**Problem requirements:** Given the records below, transcribe each of them exactly.
[[ Exercise material, beginning ]]
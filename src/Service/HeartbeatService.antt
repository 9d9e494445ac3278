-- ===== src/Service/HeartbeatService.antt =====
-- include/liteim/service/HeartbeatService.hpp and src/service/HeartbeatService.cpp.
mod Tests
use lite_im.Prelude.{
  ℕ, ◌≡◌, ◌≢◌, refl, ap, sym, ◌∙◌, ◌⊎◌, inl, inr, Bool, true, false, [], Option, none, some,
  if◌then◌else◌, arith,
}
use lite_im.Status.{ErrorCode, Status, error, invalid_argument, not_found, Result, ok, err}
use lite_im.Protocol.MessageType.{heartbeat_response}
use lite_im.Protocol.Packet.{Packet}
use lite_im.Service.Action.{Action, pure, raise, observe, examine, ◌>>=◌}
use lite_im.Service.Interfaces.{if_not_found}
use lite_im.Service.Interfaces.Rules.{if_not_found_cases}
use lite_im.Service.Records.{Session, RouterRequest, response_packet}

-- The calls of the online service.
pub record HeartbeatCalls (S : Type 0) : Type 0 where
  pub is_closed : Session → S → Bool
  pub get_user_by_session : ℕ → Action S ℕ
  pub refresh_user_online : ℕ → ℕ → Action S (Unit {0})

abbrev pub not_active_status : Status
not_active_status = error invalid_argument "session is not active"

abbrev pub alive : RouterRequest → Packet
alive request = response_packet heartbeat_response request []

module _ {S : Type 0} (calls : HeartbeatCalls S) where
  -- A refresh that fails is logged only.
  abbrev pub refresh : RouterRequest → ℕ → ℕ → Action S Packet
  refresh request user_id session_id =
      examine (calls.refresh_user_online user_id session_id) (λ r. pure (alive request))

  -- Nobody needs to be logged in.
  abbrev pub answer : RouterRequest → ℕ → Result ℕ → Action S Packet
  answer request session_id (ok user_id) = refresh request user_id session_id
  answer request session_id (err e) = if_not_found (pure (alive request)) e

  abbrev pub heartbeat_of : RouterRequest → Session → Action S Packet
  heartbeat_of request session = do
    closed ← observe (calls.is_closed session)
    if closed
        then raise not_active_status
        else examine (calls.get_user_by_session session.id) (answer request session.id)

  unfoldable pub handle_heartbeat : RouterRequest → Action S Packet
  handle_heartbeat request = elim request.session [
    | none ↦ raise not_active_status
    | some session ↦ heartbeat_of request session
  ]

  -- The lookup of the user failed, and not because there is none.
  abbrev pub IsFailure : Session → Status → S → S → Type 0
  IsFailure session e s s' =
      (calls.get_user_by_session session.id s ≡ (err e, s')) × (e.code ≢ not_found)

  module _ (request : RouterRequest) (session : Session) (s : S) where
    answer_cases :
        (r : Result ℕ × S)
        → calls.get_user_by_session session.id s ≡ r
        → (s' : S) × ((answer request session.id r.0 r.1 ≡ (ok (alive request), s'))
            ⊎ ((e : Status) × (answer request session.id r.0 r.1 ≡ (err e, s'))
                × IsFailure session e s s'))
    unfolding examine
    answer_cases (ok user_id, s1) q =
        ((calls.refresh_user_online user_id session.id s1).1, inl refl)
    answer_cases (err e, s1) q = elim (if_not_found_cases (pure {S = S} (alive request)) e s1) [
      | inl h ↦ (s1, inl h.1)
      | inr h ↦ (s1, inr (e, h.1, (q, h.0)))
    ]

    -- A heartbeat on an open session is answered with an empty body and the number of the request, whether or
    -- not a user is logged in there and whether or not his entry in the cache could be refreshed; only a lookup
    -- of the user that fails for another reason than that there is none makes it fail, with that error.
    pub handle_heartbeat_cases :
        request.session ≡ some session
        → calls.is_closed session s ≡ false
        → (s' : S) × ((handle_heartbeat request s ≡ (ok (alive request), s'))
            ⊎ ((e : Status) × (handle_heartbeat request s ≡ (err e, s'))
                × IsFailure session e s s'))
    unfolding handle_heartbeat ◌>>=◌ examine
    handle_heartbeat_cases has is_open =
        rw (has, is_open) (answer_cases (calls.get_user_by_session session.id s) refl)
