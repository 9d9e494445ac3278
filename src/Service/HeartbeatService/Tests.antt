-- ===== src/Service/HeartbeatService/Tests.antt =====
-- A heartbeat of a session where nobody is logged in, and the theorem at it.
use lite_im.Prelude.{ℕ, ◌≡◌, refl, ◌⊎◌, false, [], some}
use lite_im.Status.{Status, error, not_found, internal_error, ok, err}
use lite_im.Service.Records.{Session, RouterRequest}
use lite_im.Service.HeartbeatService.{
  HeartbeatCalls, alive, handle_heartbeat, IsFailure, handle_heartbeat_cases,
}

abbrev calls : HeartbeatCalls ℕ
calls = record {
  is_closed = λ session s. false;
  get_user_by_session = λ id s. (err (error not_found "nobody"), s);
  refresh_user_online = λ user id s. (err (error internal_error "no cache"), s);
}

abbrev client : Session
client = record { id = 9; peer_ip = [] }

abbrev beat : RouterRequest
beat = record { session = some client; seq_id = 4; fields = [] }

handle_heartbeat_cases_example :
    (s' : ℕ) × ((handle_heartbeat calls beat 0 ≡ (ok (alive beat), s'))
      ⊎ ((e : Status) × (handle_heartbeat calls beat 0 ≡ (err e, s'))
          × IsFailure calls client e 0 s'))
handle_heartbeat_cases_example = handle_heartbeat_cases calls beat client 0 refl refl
[[ Exercise material, end ]]
**Exercise response:**
filename src/Service/HeartbeatService.antt
repository 9d9e494445ac3278
-- ===== src/Service/HeartbeatService.antt =====
-- include/liteim/service/HeartbeatService.hpp and src/service/HeartbeatService.cpp.
mod Tests
use lite_im.Prelude.{
  ℕ, ◌≡◌, ◌≢◌, refl, ap, sym, ◌∙◌, ◌⊎◌, inl, inr, Bool, true, false, [], Option, none, some,
  if◌then◌else◌, arith,
}
use lite_im.Status.{ErrorCode, Status, error, invalid_argument, not_found, Result, ok, err}
use lite_im.Protocol.MessageType.{heartbeat_response}
use lite_im.Protocol.Packet.{Packet}
use lite_im.Service.Action.{Action, pure, raise, observe, examine, ◌>>=◌}
use lite_im.Service.Interfaces.{if_not_found}
use lite_im.Service.Interfaces.Rules.{if_not_found_cases}
use lite_im.Service.Records.{Session, RouterRequest, response_packet}

-- The calls of the online service.
pub record HeartbeatCalls (S : Type 0) : Type 0 where
  pub is_closed : Session → S → Bool
  pub get_user_by_session : ℕ → Action S ℕ
  pub refresh_user_online : ℕ → ℕ → Action S (Unit {0})

abbrev pub not_active_status : Status
not_active_status = error invalid_argument "session is not active"

abbrev pub alive : RouterRequest → Packet
alive request = response_packet heartbeat_response request []

module _ {S : Type 0} (calls : HeartbeatCalls S) where
  -- A refresh that fails is logged only.
  abbrev pub refresh : RouterRequest → ℕ → ℕ → Action S Packet
  refresh request user_id session_id =
      examine (calls.refresh_user_online user_id session_id) (λ r. pure (alive request))

  -- Nobody needs to be logged in.
  abbrev pub answer : RouterRequest → ℕ → Result ℕ → Action S Packet
  answer request session_id (ok user_id) = refresh request user_id session_id
  answer request session_id (err e) = if_not_found (pure (alive request)) e

  abbrev pub heartbeat_of : RouterRequest → Session → Action S Packet
  heartbeat_of request session = do
    closed ← observe (calls.is_closed session)
    if closed
        then raise not_active_status
        else examine (calls.get_user_by_session session.id) (answer request session.id)

  unfoldable pub handle_heartbeat : RouterRequest → Action S Packet
  handle_heartbeat request = elim request.session [
    | none ↦ raise not_active_status
    | some session ↦ heartbeat_of request session
  ]

  -- The lookup of the user failed, and not because there is none.
  abbrev pub IsFailure : Session → Status → S → S → Type 0
  IsFailure session e s s' =
      (calls.get_user_by_session session.id s ≡ (err e, s')) × (e.code ≢ not_found)

  module _ (request : RouterRequest) (session : Session) (s : S) where
    answer_cases :
        (r : Result ℕ × S)
        → calls.get_user_by_session session.id s ≡ r
        → (s' : S) × ((answer request session.id r.0 r.1 ≡ (ok (alive request), s'))
            ⊎ ((e : Status) × (answer request session.id r.0 r.1 ≡ (err e, s'))
                × IsFailure session e s s'))
    unfolding examine
    answer_cases (ok user_id, s1) q =
        ((calls.refresh_user_online user_id session.id s1).1, inl refl)
    answer_cases (err e, s1) q = elim (if_not_found_cases (pure {S = S} (alive request)) e s1) [
      | inl h ↦ (s1, inl h.1)
      | inr h ↦ (s1, inr (e, h.1, (q, h.0)))
    ]

    -- A heartbeat on an open session is answered with an empty body and the number of the request, whether or
    -- not a user is logged in there and whether or not his entry in the cache could be refreshed; only a lookup
    -- of the user that fails for another reason than that there is none makes it fail, with that error.
    pub handle_heartbeat_cases :
        request.session ≡ some session
        → calls.is_closed session s ≡ false
        → (s' : S) × ((handle_heartbeat request s ≡ (ok (alive request), s'))
            ⊎ ((e : Status) × (handle_heartbeat request s ≡ (err e, s'))
                × IsFailure session e s s'))
    unfolding handle_heartbeat ◌>>=◌ examine
    handle_heartbeat_cases has is_open =
        rw (has, is_open) (answer_cases (calls.get_user_by_session session.id s) refl)
repository 9d9e494445ac3278
filename src/Service/HeartbeatService/Tests.antt
-- ===== src/Service/HeartbeatService/Tests.antt =====
-- A heartbeat of a session where nobody is logged in, and the theorem at it.
use lite_im.Prelude.{ℕ, ◌≡◌, refl, ◌⊎◌, false, [], some}
use lite_im.Status.{Status, error, not_found, internal_error, ok, err}
use lite_im.Service.Records.{Session, RouterRequest}
use lite_im.Service.HeartbeatService.{
  HeartbeatCalls, alive, handle_heartbeat, IsFailure, handle_heartbeat_cases,
}

abbrev calls : HeartbeatCalls ℕ
calls = record {
  is_closed = λ session s. false;
  get_user_by_session = λ id s. (err (error not_found "nobody"), s);
  refresh_user_online = λ user id s. (err (error internal_error "no cache"), s);
}

abbrev client : Session
client = record { id = 9; peer_ip = [] }

abbrev beat : RouterRequest
beat = record { session = some client; seq_id = 4; fields = [] }

handle_heartbeat_cases_example :
    (s' : ℕ) × ((handle_heartbeat calls beat 0 ≡ (ok (alive beat), s'))
      ⊎ ((e : Status) × (handle_heartbeat calls beat 0 ≡ (err e, s'))
          × IsFailure calls client e 0 s'))
handle_heartbeat_cases_example = handle_heartbeat_cases calls beat client 0 refl refl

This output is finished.